-- Opening Marker --
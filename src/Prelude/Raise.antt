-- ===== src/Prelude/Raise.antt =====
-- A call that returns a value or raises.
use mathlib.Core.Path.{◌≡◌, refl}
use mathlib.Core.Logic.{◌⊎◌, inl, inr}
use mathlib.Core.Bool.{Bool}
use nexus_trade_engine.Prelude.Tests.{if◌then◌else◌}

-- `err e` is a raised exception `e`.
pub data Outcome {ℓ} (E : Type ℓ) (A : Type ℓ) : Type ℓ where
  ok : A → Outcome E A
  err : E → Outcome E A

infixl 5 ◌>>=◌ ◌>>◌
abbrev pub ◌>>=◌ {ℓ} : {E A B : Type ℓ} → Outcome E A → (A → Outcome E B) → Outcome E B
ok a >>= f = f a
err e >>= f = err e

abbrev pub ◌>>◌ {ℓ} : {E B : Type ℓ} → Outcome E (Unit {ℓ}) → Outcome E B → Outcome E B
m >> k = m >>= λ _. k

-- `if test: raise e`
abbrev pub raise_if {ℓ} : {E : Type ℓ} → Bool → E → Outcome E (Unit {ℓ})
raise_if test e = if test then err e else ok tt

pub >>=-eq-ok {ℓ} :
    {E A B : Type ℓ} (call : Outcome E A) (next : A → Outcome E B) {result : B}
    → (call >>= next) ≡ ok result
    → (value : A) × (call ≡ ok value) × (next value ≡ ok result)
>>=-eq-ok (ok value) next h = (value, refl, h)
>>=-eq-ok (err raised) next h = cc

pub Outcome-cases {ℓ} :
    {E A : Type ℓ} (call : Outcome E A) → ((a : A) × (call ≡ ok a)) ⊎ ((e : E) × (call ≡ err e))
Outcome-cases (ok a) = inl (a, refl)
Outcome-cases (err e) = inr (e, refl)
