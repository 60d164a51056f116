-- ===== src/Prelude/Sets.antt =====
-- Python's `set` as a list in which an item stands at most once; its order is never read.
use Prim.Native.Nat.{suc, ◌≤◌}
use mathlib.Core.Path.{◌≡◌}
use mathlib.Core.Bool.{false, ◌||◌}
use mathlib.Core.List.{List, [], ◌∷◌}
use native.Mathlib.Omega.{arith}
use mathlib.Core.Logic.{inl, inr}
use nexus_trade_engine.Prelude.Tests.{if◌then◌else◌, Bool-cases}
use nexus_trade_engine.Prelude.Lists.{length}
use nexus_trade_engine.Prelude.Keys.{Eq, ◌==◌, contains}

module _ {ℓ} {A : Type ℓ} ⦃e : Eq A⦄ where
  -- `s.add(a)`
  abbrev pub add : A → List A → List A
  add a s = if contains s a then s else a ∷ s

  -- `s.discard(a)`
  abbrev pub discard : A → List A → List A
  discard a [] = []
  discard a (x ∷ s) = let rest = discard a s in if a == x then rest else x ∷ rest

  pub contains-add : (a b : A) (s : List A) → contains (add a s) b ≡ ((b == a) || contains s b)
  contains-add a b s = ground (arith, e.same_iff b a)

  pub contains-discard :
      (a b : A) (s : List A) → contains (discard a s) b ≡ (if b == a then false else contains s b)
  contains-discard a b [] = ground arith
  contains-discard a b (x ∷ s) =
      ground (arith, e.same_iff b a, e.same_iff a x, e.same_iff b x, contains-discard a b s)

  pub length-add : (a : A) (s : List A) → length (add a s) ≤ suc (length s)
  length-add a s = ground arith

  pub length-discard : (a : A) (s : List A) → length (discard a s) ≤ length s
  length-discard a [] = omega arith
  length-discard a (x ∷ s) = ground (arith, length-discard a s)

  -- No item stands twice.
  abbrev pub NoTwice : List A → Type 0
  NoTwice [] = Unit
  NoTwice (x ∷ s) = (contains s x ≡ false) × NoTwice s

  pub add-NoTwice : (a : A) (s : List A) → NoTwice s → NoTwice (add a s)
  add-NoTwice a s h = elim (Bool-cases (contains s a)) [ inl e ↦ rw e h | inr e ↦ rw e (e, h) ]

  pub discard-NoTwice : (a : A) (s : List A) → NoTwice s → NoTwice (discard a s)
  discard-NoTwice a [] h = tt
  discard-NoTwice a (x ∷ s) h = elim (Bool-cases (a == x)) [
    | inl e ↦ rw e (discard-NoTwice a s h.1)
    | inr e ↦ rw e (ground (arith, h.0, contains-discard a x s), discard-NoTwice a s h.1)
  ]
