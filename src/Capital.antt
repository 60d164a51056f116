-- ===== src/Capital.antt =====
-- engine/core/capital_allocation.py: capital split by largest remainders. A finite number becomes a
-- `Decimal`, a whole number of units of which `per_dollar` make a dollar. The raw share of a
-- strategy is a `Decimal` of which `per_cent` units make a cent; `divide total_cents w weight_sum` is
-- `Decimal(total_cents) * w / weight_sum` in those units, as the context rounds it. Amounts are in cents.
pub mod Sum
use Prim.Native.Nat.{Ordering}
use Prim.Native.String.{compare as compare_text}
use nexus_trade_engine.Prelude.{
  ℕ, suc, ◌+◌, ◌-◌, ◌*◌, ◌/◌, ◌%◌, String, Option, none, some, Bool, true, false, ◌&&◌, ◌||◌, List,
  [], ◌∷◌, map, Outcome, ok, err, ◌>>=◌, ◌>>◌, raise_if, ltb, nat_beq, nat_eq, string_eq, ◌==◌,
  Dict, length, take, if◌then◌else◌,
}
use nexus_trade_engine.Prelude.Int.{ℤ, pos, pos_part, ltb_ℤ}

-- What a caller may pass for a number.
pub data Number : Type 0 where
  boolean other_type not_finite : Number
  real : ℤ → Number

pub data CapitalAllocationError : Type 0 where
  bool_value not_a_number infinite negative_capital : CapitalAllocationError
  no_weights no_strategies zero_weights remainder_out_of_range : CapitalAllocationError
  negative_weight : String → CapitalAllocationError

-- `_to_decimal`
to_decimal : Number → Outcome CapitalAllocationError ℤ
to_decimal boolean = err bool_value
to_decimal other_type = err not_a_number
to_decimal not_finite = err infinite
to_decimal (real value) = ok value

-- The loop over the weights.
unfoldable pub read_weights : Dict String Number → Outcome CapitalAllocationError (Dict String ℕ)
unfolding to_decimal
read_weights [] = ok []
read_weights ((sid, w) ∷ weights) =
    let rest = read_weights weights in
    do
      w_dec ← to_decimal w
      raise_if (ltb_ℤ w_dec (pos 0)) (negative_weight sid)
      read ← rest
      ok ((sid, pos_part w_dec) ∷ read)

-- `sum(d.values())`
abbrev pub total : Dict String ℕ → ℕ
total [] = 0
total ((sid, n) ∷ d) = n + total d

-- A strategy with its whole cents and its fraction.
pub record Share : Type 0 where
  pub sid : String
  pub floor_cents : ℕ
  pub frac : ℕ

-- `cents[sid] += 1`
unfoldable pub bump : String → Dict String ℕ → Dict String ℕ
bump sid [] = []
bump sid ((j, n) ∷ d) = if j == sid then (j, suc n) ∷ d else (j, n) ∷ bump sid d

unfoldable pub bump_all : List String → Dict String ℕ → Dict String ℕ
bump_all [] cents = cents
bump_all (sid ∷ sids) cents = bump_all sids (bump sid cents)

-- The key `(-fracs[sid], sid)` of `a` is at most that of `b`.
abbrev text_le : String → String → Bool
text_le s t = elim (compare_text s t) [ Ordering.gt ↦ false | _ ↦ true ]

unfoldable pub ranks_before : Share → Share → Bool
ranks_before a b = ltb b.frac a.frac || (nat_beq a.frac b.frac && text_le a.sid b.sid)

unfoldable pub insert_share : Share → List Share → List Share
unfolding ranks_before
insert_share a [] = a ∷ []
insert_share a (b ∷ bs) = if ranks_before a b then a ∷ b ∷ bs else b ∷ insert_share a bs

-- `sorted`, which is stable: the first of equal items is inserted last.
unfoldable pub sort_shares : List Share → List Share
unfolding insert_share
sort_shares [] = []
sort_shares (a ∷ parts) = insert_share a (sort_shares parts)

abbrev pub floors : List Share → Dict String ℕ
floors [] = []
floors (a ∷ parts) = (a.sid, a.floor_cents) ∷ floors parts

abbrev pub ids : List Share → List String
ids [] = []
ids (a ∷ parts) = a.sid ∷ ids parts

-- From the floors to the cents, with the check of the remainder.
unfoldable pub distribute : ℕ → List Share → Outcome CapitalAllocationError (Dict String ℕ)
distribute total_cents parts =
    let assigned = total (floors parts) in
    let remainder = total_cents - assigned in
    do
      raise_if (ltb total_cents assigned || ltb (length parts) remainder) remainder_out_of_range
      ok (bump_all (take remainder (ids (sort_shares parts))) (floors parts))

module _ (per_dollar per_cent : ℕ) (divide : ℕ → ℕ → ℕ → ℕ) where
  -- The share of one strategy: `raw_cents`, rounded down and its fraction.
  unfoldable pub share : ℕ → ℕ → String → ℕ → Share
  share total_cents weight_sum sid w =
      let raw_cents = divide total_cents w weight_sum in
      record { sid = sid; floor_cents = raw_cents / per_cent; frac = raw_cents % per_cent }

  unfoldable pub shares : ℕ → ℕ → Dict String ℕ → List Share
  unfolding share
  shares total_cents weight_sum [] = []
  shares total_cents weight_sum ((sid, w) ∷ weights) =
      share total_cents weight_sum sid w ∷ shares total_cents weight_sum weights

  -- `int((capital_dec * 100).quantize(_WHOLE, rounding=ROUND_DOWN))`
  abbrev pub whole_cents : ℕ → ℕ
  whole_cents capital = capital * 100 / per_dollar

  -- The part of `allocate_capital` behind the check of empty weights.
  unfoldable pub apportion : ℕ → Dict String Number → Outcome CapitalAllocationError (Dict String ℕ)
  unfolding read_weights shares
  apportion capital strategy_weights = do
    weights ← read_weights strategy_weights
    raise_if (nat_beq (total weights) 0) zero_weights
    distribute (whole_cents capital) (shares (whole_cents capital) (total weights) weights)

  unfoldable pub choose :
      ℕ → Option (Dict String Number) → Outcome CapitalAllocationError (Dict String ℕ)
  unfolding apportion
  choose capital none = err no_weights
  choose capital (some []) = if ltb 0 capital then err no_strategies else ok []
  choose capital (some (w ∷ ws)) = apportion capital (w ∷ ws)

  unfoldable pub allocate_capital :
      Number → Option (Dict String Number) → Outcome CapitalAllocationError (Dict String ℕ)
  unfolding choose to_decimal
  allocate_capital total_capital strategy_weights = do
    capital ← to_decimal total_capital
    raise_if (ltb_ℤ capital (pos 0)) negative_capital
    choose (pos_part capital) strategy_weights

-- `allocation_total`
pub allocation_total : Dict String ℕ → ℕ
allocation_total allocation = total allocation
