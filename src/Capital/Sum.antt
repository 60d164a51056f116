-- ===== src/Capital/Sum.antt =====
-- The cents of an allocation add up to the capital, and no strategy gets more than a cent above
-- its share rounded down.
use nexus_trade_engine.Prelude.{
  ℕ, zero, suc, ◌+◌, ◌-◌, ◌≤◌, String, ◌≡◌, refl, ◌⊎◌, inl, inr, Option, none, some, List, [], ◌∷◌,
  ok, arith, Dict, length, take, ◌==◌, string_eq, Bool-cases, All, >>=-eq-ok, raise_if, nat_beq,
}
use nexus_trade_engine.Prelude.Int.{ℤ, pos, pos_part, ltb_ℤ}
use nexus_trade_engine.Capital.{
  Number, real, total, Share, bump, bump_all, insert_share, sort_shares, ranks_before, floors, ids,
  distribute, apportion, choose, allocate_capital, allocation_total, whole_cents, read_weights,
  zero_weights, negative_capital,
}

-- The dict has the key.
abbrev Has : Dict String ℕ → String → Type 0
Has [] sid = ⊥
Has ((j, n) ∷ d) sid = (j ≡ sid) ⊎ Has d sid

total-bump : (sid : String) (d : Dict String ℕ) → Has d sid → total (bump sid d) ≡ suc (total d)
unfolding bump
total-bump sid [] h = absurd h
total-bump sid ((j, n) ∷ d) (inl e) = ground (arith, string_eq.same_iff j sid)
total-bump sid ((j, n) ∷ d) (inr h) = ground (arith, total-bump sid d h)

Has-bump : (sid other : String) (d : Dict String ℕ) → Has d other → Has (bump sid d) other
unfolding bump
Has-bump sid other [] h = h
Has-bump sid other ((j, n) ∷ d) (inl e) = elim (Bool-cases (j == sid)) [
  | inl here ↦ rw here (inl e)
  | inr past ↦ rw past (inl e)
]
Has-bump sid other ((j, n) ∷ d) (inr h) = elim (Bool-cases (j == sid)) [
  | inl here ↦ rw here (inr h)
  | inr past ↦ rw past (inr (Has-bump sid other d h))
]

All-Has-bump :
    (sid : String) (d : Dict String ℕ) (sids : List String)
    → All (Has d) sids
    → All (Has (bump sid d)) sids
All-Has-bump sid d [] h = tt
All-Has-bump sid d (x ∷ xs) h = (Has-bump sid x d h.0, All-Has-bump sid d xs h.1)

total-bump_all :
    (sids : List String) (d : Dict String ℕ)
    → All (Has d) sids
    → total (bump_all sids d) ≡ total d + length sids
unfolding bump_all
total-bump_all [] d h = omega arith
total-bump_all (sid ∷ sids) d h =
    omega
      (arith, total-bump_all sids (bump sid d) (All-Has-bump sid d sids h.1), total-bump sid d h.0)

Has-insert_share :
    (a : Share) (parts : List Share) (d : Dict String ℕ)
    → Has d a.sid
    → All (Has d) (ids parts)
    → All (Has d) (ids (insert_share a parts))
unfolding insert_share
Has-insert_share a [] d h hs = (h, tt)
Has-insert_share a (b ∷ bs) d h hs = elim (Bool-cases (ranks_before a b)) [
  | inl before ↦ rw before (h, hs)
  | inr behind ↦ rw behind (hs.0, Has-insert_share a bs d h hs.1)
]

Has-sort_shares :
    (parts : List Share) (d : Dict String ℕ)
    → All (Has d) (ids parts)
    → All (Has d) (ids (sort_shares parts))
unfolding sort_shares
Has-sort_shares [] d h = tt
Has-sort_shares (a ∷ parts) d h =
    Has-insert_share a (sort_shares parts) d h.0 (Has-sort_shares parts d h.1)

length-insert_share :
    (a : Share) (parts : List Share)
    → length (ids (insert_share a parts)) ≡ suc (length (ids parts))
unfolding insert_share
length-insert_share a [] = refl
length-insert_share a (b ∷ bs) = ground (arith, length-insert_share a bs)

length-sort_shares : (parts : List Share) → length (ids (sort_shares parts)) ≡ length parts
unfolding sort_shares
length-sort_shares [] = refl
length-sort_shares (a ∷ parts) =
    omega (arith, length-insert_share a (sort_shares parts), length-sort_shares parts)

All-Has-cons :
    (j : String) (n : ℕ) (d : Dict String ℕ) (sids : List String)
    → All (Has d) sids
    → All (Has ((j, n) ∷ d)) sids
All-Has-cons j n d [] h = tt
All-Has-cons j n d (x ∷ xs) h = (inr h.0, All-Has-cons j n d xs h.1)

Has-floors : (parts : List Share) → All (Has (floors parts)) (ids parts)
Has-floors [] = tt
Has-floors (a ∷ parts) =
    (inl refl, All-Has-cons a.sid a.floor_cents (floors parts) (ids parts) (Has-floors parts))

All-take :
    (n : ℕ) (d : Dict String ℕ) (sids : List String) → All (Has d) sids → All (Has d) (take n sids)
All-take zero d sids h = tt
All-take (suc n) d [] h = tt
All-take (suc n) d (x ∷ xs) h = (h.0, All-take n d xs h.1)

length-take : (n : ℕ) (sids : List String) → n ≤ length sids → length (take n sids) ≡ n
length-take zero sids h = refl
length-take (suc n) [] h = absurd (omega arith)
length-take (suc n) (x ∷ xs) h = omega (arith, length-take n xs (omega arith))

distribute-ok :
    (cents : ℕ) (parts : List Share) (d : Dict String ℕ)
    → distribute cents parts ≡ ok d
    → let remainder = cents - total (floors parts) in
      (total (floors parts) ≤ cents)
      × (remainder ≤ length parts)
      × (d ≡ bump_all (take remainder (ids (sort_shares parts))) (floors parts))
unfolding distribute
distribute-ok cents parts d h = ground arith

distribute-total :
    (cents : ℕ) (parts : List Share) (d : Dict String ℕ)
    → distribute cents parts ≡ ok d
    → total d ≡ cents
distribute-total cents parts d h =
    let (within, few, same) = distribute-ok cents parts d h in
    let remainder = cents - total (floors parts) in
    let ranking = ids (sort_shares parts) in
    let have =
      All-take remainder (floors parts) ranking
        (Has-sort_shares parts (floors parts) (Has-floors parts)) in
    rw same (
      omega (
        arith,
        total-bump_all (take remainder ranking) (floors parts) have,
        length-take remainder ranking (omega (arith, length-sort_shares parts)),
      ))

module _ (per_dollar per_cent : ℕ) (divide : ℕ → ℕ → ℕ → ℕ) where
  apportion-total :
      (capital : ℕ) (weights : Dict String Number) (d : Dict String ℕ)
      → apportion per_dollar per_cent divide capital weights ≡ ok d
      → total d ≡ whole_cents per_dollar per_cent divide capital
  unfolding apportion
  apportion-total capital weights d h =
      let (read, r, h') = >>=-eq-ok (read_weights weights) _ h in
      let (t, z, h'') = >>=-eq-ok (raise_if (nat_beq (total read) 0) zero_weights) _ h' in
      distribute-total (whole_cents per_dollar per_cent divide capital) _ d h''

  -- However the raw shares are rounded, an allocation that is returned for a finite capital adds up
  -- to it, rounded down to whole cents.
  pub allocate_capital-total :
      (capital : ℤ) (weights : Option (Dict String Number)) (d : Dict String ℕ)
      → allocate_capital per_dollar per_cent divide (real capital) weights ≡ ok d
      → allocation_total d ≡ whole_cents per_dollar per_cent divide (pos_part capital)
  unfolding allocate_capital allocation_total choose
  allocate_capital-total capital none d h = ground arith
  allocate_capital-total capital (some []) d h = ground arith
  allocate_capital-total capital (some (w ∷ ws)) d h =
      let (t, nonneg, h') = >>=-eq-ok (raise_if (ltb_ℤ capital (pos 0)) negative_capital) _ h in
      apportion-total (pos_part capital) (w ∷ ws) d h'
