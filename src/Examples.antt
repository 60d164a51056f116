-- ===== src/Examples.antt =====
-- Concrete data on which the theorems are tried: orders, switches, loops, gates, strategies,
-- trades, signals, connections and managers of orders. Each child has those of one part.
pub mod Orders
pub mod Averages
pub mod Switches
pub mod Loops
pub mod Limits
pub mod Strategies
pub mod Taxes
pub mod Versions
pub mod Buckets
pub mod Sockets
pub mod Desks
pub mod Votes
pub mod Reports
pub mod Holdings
-- Closing Marker --
* WHAT THIS TASK INVOLVES *
Among the records, find the lines that contain "next" and copy each of them.

* EXERCISE OUTPUT *
    {E A B : Type ℓ} (call : Outcome E A) (next : A → Outcome E B) {result : B}
    → (call >>= next) ≡ ok result
    → (value : A) × (call ≡ ok value) × (next value ≡ ok result)
>>=-eq-ok (ok value) next h = (value, refl, h)
>>=-eq-ok (err raised) next h = cc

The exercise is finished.